Hace tres meses escribí en mi muro de Facebook #NotMe como respuesta a la campaña del #MeToo. Fue una reacción más visceral que sesuda a una campaña a la que le noté un tufillo determinista. "Si eres mujer, eres víctima y denuncias. Si eres hombre eres culpable de algo o eres cómplice". Así me sonó en su momento y así me sigue sonando. Nunca pensé que por expresar mi opinión me iban a caer en plana (cual cooperativa, cual partido comunista) a llamarme bruta, misógina, traidora. ¿Traidora? Esa fue la acusación que más me chocó. ¿Acaso pertenezco a una agremiación y no me había enterado?

feminismo occidental
Al parecer sí, ser mujer, además de mil inconvenientes que no vienen al caso, también es hacer parte de una colectividad. Como si en lugar del plural, las mujeres, en toda su diversidad, su complejidad, su individualidad, su riqueza, la mujer fuese un ente único (aunque reproducido millones de veces). Un 'aparato ideológico', como en tiempos de la Unión Soviética.

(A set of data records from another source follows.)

-- ===== src/Value.antt =====
-- Go's `interface{}` as `encoding/json` and the OPA packages fill it.
use nacp.Common.{String, Bool, Option, none, some, List, [], ◌∷◌, ◌==◌, if◌then◌else◌}

mutual
  pub data Value : Type 0 where
    null : Value
    bool : Bool → Value
    num : String → Value
    str : String → Value
    obj : Fields → Value
    arr : Items → Value

  pub data Items : Type 0 where
    cons : Value → Items → Items
    nil : Items

  pub data Fields : Type 0 where
    field : String → Value → Fields → Fields
    end : Fields

abbrev pub elements : Items → List Value
elements nil = []
elements (cons v vs) = v ∷ elements vs

-- `m[k]` of a `map[string]interface{}`, with its second result as an `Option`.
unfoldable pub index : String → Fields → Option Value
index k end = none
index k (field j v fs) = if j == k then some v else index k fs

-- `m[k]` with one result: nil if the key is missing.
abbrev pub or_null : Option Value → Value
or_null none = null
or_null (some v) = v

-- `v.([]interface{})`
abbrev pub as_slice : Value → Option (List Value)
as_slice (arr vs) = some (elements vs)
as_slice _ = none

-- `v.(map[string]interface{})`
abbrev pub as_map : Value → Option Fields
as_map (obj fs) = some fs
as_map _ = none

-- `v.(string)`
abbrev pub as_string : Value → Option String
as_string (str s) = some s
as_string _ = none

-- The verbs of `fmt` whose text depends on more than the program: `%q` of a string, `%s` and `%v` of a
-- dynamic value.
pub record Format : Type 0 where
  pub quote : String → String
  pub verb_s : Value → String
  pub verb_v : Value → String
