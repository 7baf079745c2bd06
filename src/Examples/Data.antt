-- ===== src/Examples/Data.antt =====
-- Instances of the libraries, and a handler with a mutator and two validators.
use mathlib.Core.List.{flat_map}
use nacp.Common.{
  ℕ, ◌+◌, refl, ◌++◌, ◌<>◌, true, Option, none, some, List, [], ◌∷◌, ◌==◌, ltb, All, if◌then◌else◌,
}
use nacp.GoError.{
  message, multi, of_errors, parts, parts?, Multierror, IsFlattening, Result, ok, err,
}
use nacp.Admission.{JobMutator, JobValidator, JobHandler, JobCodec, Validated, World}
use nacp.Admission.Spec.{Transform, Policy, IsFaithful, IsMutatorOf, IsValidatorOf}
use nacp.Admission.Isolation.{IsPrivate}
use nacp.Payloads.{
  Input, Ending, replace, mutate_by, transform_by, validate_by, policy_by, mutate_by-IsMutatorOf,
  validate_by-IsValidatorOf, validate_by-IsPrivate,
}
use nacp.Value.{Format}

abbrev pub multierror : Multierror
multierror = record {
  append = λ e es. multi (of_errors (parts? e ++ flat_map parts es));
  format = λ es. "errors occurred";
}

abbrev pub flat : IsFlattening multierror
flat = record { append-eq = λ e es. refl }

abbrev pub unmarshal_job : List ℕ → Result ℕ
unmarshal_job [] = err (message "unexpected end of JSON input")
unmarshal_job (n ∷ ns) = ok n

abbrev pub marshal_job : Option ℕ → Result (List ℕ)
marshal_job none = ok []
marshal_job (some n) = ok (n ∷ [])

abbrev pub codec : JobCodec ℕ
codec = record { marshal = marshal_job; unmarshal = unmarshal_job }

abbrev pub faithful : IsFaithful codec
faithful = λ j. refl

abbrev pub format : Format
format = record { quote = λ s. "'" <> s <> "'"; verb_s = λ v. "v"; verb_v = λ v. "v" }

-- A mutator that adds one to the job, with a warning.
abbrev pub bump : Input ℕ → Ending ℕ
bump i = replace (i.job + 1) true (message "bumped" ∷ [])

-- A validator that warns, and one that refuses jobs below a limit.
abbrev pub warn : Input ℕ → Validated
warn i = record { warnings = message "careful" ∷ []; error = none }

abbrev pub at_least : ℕ → Input ℕ → Validated
at_least n i = record {
  warnings = [];
  error = if ltb i.job n then some (message "too small") else none;
}

abbrev pub bumper : JobMutator ℕ
bumper = record { name = "bump"; mutate = mutate_by bump }

abbrev pub warner : JobValidator ℕ
warner = record { name = "warn"; validate = validate_by warn }

abbrev pub limiter : JobValidator ℕ
limiter = record { name = "limit"; validate = validate_by (at_least 5) }

abbrev pub handler : JobHandler ℕ
handler = record {
  mutators = bumper ∷ [];
  validators = warner ∷ limiter ∷ [];
  resolve_token = true;
}

abbrev pub transforms : JobMutator ℕ → Transform ℕ
transforms m = transform_by bump

abbrev pub policies : JobValidator ℕ → Policy ℕ
policies v = if v.name == "warn" then policy_by warn else policy_by (at_least 5)

pub mutators_lawful : All (λ m. IsMutatorOf (transforms m) m) handler.mutators
mutators_lawful = (mutate_by-IsMutatorOf "bump" bump, tt)

pub validators_lawful : All (λ v. IsValidatorOf (policies v) v) handler.validators
validators_lawful =
    (validate_by-IsValidatorOf "warn" warn, (validate_by-IsValidatorOf "limit" (at_least 5), tt))

pub validators-IsPrivate : All IsPrivate handler.validators
validators-IsPrivate =
    (validate_by-IsPrivate "warn" warn, (validate_by-IsPrivate "limit" (at_least 5), tt))

-- A heap with one job and no metrics.
abbrev pub world : World ℕ
world = record { heap = 7 ∷ []; metrics = [] }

Y ahí es donde añado: qué complejo es ser mujer. Además de jodido. Porque cuando ya me había afiliado a una causa, la del feminismo, por estar a favor de la igualdad de género, resulta que las feministas (al menos su facción más numerosa) han decidido que todas tenemos que compartir un credo. Es más. Todas hemos sido víctimas. Porque al afirmar lo contrario me llamaron mentirosa, extraterrestre y se burlaron de mí y me explicaron en bloque por qué estaba rotundamente equivocada y, también, por qué era (soy) una insensible. Ellas, mis aliadas por la igualdad de condiciones, por la libertad, ahora me hacían sentir coartada por no pensar como una mujer, por no saber embutirme en el género como en un corsé del Siglo XIX. ¿Pero no se suponía que justamente la lucha era por la libertad? ¿Una batalla para que cada quien sea libre y el género no predetermine a las personas?

No quise seguir insistiendo en un punto en el que estaba bastante sola. Solo esperaba que el tema pasara de moda. No imaginaba que tres meses más tarde volvería a estarlo por cuenta de unas francesas que, como yo, tampoco se sienten víctimas ni les gusta la campaña #MeToo. Y, oh sorpresa, las llaman misóginas, machistas, traidoras. Eso es lo que se llama comúnmente un dejà vu. Y aunque no comparto todo lo dicho por estas señoras, sí celebro que en un clima de censura y determinismo se escuchen otras voces, que recordemos que no todas las mujeres somos la misma, ni tenemos las mismas experiencias, ni las mismas percepciones, que por favor no ataquemos a quienes piensan distinto y, sobre todo, que no pretendamos pasar de la entusiasta embestida de denuncias a hombres acosadores a una suerte de inquisición afirmativa.

Ya lo dijo Margaret Atwood en días pasados en The Guardian al defender a un profesor universitario a quien despidieron de su cargo por ser acusado de acoso a pesar de haberse comprobado falsa la acusación.

Que no nos vaya a pasar ahora como en la Inquisición, cuando bastaba acusar a alguien para que este fuese asumido como culpable. En los pasados meses han surgido noticias casi semanales de personajes que han rescindido a sus carreras por acusaciones de acoso, con frecuencia luego de una fuerte asonada mediática que los ha empujado a renunciar a pesar de no haber pasado por un proceso probatorio. Antes de ser hombres o mujeres, de patriarcados, machismos o feminismos, por encima de 'ideologías de género', el balance está en la dignidad humana, en la justicia, ahí sí, para todas y todos.